Accord commercial entre l’Union européenne et les Etats-Unis : la délégation française du groupe S&D refuse la capitulation de l’Europe

Accord commercial entre l’Union européenne et les États-Unis : la délégation française du groupe S&D s’oppose à sa mise en œuvre

La délégation française du groupe S&D au Parlement européen a voté contre deux propositions visant à mettre en œuvre l’accord commercial entre l’Union européenne et les États-Unis, connu sous le nom d’ »accord de Turnberry ». Les membres de cette délégation jugent cet accord inégal et injuste, affirmant qu’il est contraire aux intérêts de l’Europe. Selon eux, les États-Unis augmentent leurs droits de douane tandis que l’Europe les réduit, entraînant une ouverture unilatérale du marché européen.

Les critiques soulignent que cet accord menace l’industrie européenne, les États-Unis imposant des droits de douane de 50 % sur l’acier et l’aluminium, ainsi que de 15 % sur d’autres produits, alors que l’Europe abolit ses propres droits de douane sur 100 % des produits industriels américains. Ils estiment que cette situation est économiquement absurde, surtout dans un contexte où l’Europe fait face à la surcapacité industrielle chinoise.

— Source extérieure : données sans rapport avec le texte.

-- ===== src/Udp/Send/Outcomes.antt =====
-- What `Send` hands to the network and how it ends.
use native.Mathlib.Nat.{lt_of_mul-lt-mul_right}
use gomcp.Prelude.{
  ℕ, zero, suc, ◌+◌, ◌-◌, ◌*◌, ◌/◌, ◌%◌, ◌^◌, ◌≤◌, ◌<◌, ◌≡◌, ◌≢◌, refl, sym, ◌∙◌, Bool, true, false,
  inl, inr, List, [], ◌∷◌, ◌++◌, ltb, leb, lt→ltb, le→ltb, leb→le, drop, if◌then◌else◌, arith,
  length, All, length-append, length-take, pos, Bool-cases,
}
use gomcp.Udp.Header.{encode_header, header_size}
use gomcp.Udp.Header.RoundTrip.{length-encode_header}
use gomcp.Udp.Transport.{Transport, Outcome, done, failed, message_too_large, generate_message_id}
use gomcp.Udp.Send.{
  Network, single_packet, single_header, fragment_packet, fragment_header, max_payload_size,
  fragment_count, send_single_packet, send_fragmented_message, sending, send, track, track_sent,
}
use gomcp.Udp.Send.Fragments.{IsUp, piece, packets_from, deliver-up, send_fragments-up}

max_payload_size-eq : (size p : ℕ) → size ≡ header_size + p → max_payload_size size ≡ pos p
max_payload_size-eq size p e = ground arith

-- The id that the next message gets.
abbrev pub next_id : Transport → ℕ
next_id t = (t.next_message_id + 1) % 2 ^ 32

-- How many fragments a message of `len` bytes needs.
abbrev pub fragments_needed : ℕ → ℕ → ℕ
fragments_needed len p = (len + p - 1) / p

pos_of_cover : (n p len : ℕ) → 0 < len → len ≤ n * p → 0 < n
pos_of_cover zero p len h c = absurd (omega arith)
pos_of_cover (suc n) p len h c = omega arith

pub fragments_needed-cover : (len q : ℕ) → len ≤ fragments_needed len (suc q) * suc q
fragments_needed-cover len q = omega arith

-- The fragments cover the message, and one fewer would not.
pub fragments_needed_bounds :
    (len q : ℕ)
    → 0 < len
    → let n = fragments_needed len (suc q) in
      (len ≤ n * suc q) × (n * suc q < len + suc q) × (0 < n)
fragments_needed_bounds len q h = (
  fragments_needed-cover len q,
  omega arith,
  pos_of_cover (fragments_needed len (suc q)) (suc q) len h (fragments_needed-cover len q),
)

le_of_mul_le : (n m q : ℕ) → n * suc q < m * suc q + suc q → n ≤ m
le_of_mul_le n m q h =
    let e : n < suc m = lt_of_mul-lt-mul_right (suc q) (omega arith) in omega arith

pub fragments_needed-le :
    (len q m : ℕ) → 0 < len → len ≤ m * suc q → fragments_needed len (suc q) ≤ m
fragments_needed-le len q m h c =
    le_of_mul_le _ m q (omega (arith, (fragments_needed_bounds len q h).1))

lt-fragments_needed : (len q m : ℕ) → 0 < len → m * suc q < len → m < fragments_needed len (suc q)
lt-fragments_needed len q m h c =
    lt_of_mul-lt-mul_right (suc q) (omega (arith, fragments_needed-cover len q))

-- The packets that carry a message of `p` bytes at most in a packet.
abbrev pub packets_of : Bool → ℕ → ℕ → List ℕ → List (List ℕ)
packets_of reliable id p message =
    let n = fragments_needed (length message) p in
    if leb (length message) p
    then single_packet reliable id message ∷ []
    else packets_from reliable id n p message n 0

send_single-up :
    (net : Network) (id : ℕ) (message : List ℕ) (t : Transport)
    → IsUp net
    → send_single_packet net id message t
      ≡ (record t { wire = t.wire ++ (single_packet t.reliability_enabled id message ∷ []) }, done)
unfolding send_single_packet
send_single-up net id message t up = rw (deliver-up net (ltb 0 t.write_timeout) t.wire _ up)

send_fragmented-up :
    (net : Network) (id : ℕ) (message : List ℕ) (q : ℕ) (t : Transport)
    → IsUp net
    → fragments_needed (length message) (suc q) ≤ 65535
    → let n = fragments_needed (length message) (suc q) in
      send_fragmented_message net id message (pos (suc q)) t ≡ (
        record t { wire = t.wire ++ packets_from t.reliability_enabled id n (suc q) message n 0 },
        done,
      )
unfolding send_fragmented_message fragment_count
send_fragmented-up net id message q t up small =
    rw (le→ltb 65535 (fragments_needed (length message) (suc q)) small)
      (rw (send_fragments-up (sending net t id message (pos (suc q)) n) (suc q) n 0 t.wire up refl))
  where
    n : ℕ
    n = fragments_needed (length message) (suc q)

send_fragmented-too_large :
    (net : Network) (id : ℕ) (message : List ℕ) (q : ℕ) (t : Transport)
    → 65535 < fragments_needed (length message) (suc q)
    → send_fragmented_message net id message (pos (suc q)) t ≡ (t, failed message_too_large)
unfolding send_fragmented_message fragment_count
send_fragmented-too_large net id message q t large =
    rw (lt→ltb 65535 (fragments_needed (length message) (suc q)) large)

-- Tracking changes nothing that was handed over.
wire-track :
    (now id : ℕ) (message : List ℕ) (t : Transport) → (track now id message t).wire ≡ t.wire
unfolding track
wire-track now id message t = ground arith

send-connected :
    (net : Network) (now : ℕ) (message : List ℕ) (t : Transport) (q : ℕ)
    → t.connected ≡ true
    → t.max_packet_size ≡ header_size + suc q
    → let t' = record t { next_message_id = next_id t } in
      send net now message t
      ≡ track_sent now (next_id t) message (
          if leb (length message) (suc q)
          then send_single_packet net (next_id t) message t'
          else send_fragmented_message net (next_id t) message (pos (suc q)) t')
unfolding send generate_message_id
send-connected net now message t q c m = rw (c, max_payload_size-eq t.max_packet_size (suc q) m)

-- What a call left behind: how it ended, and what it handed over.
abbrev pub Delivers : List (List ℕ) → Transport × Outcome → Type 0
Delivers packets (t, end) = (end ≡ done) × (t.wire ≡ packets)

pub track_sent-Delivers :
    (now id : ℕ) (message : List ℕ) (t : Transport) (packets : List (List ℕ))
    → t.wire ≡ packets
    → Delivers packets (track_sent now id message (t, done))
track_sent-Delivers now id message t packets e = (refl, wire-track now id message t ∙ e)

next_message_id-track :
    (now id : ℕ) (message : List ℕ) (t : Transport)
    → (track now id message t).next_message_id ≡ t.next_message_id
unfolding track
next_message_id-track now id message t = ground arith

-- How a call ended, what it handed over, and the message id that it left.
DeliversAs : List (List ℕ) → ℕ → Transport × Outcome → Type 0
DeliversAs packets id (t, end) = (end ≡ done) × (t.wire ≡ packets) × (t.next_message_id ≡ id)

track_sent-DeliversAs :
    (now id : ℕ) (message : List ℕ) (t : Transport)
    → DeliversAs t.wire t.next_message_id (track_sent now id message (t, done))
unfolding DeliversAs
track_sent-DeliversAs now id message t =
    (refl, wire-track now id message t, next_message_id-track now id message t)

-- Over a network whose calls succeed, with room for `q + 1` bytes behind the header, `Send` on a
-- connected transport succeeds for a message of at most 65535 times that room, and hands over
-- exactly one packet if the message fits in it, and otherwise one packet for each piece of the
-- message in order, under the id that follows the last one modulo 2^32, which the transport then
-- keeps as the last one, and which is another than the one before.
pub send-sends :
    (net : Network) (now : ℕ) (message : List ℕ) (t : Transport) (q : ℕ)
    → IsUp net
    → t.connected ≡ true
    → t.max_packet_size ≡ header_size + suc q
    → length message ≤ 65535 * suc q
    → ((send net now message t).1 ≡ done)
      × ((send net now message t).0.wire
          ≡ t.wire ++ packets_of t.reliability_enabled (next_id t) (suc q) message)
      × ((send net now message t).0.next_message_id ≡ (t.next_message_id + 1) % 2 ^ 32)
      × ((send net now message t).0.next_message_id ≢ t.next_message_id)
unfolding DeliversAs
send-sends net now message t q up c m small =
    let (ended, wire, kept) : DeliversAs
        (t.wire ++ packets_of t.reliability_enabled (next_id t) (suc q) message) (next_id t)
        (send net now message t) =
      rw (send-connected net now message t q c m)
        (elim (Bool-cases (leb (length message) (suc q))) [
          | inl short ↦
              rw (short, send_single-up net (next_id t) message t' up)
                (track_sent-DeliversAs now (next_id t) message _)
          | inr long ↦
              rw
                (
                  long,
                  send_fragmented-up net (next_id t) message q t' up
                      (fragments_needed-le (length message) q 65535 (ground arith) small),
                )
                (track_sent-DeliversAs now (next_id t) message _)
        ]) in
    (ended, wire, kept, λ same. next_id-other t.next_message_id (sym kept ∙ same))
  where
    t' : Transport
    t' = record t { next_message_id = next_id t }

    next_id-other : (n : ℕ) → (n + 1) % 2 ^ 32 ≢ n
    next_id-other n e = omega arith

-- A longer message is refused: nothing is handed over, and only its message id is used up.
pub send-too_large :
    (net : Network) (now : ℕ) (message : List ℕ) (t : Transport) (q : ℕ)
    → t.connected ≡ true
    → t.max_packet_size ≡ header_size + suc q
    → 65535 * suc q < length message
    → send net now message t ≡ (record t { next_message_id = next_id t }, failed message_too_large)
send-too_large net now message t q c m large = rw (send-connected net now message t q c m) (
    rw (
      leb-false (length message) (suc q) (omega arith),
      send_fragmented-too_large net (next_id t) message q t'
          (lt-fragments_needed (length message) q 65535 (omega arith) large),
    ))
  where
    t' : Transport
    t' = record t { next_message_id = next_id t }

    leb-false : (a b : ℕ) → b < a → leb a b ≡ false
    leb-false a b h = ground arith

packets_from-All :
    (reliable : Bool) (id total p : ℕ) (message : List ℕ) (n i : ℕ)
    → All (λ packet. length packet ≤ header_size + p) (packets_from reliable id total p message n i)
unfolding fragment_packet
packets_from-All reliable id total p message zero i = tt
packets_from-All reliable id total p message (suc n) i = (
  omega (
    arith,
    length-append (encode_header (fragment_header reliable id total i (piece p message i)))
        (piece p message i),
    length-encode_header (fragment_header reliable id total i (piece p message i)),
    length-take p (drop (i * p) message),
  ),
  packets_from-All reliable id total p message n (i + 1),
)

-- Whatever is sent with room for `p` bytes behind the header, no packet is longer than the header
-- and that room.
pub packets_of-fit :
    (reliable : Bool) (id p : ℕ) (message : List ℕ)
    → All (λ packet. length packet ≤ header_size + p) (packets_of reliable id p message)
unfolding single_packet
packets_of-fit reliable id p message = elim (Bool-cases (leb (length message) p)) [
  | inl short ↦ rw short (
    omega (
      arith,
      length-append (encode_header (single_header reliable id message)) message,
      length-encode_header (single_header reliable id message),
      leb→le (length message) p short,
    ),
    tt,
  )
  | inr long ↦ rw long (packets_from-All reliable id _ p message _ 0)
]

Les opposants à l’accord qualifient également ce dernier d’illégitime et illégal, soulignant qu’il a été négocié sous pression et sans mandat de la Commission européenne. De plus, ils critiquent des concessions qu’ils jugent inacceptables, telles que l’achat de 750 milliards de dollars d’énergie américaine, principalement fossile, et la promesse de 600 milliards de dollars d’investissements dans l’économie américaine, alors que l’Europe fait face à un manque d’investissements sur son propre territoire.

Les critiques mettent en avant que cet accord est fragile et caduc, ayant déjà été violé par les États-Unis. Ils soulignent que la Cour suprême des États-Unis a jugé que l’ancien président Trump n’avait pas le pouvoir d’imposer les droits de douane prévus.

Enfin, la situation géopolitique actuelle, marquée par l’abandon de l’Ukraine face à la pression russe et les tensions au Moyen-Orient, est utilisée pour illustrer le rapport de force défavorable que représente cet accord. Les opposants affirment qu’accepter un tel accord envoie un message erroné, celui que l’intimidation est payante.

L’accord de Turnberry, déjà jugé inacceptable en août, est perçu comme encore plus problématique aujourd’hui. Les critiques insistent sur la nécessité pour l’Union européenne de défendre sa souveraineté, son industrie, ses objectifs climatiques et ses emplois, tout en évitant un désarmement commercial.

Source : Informations fournies par la délégation française du groupe S&D au Parlement européen.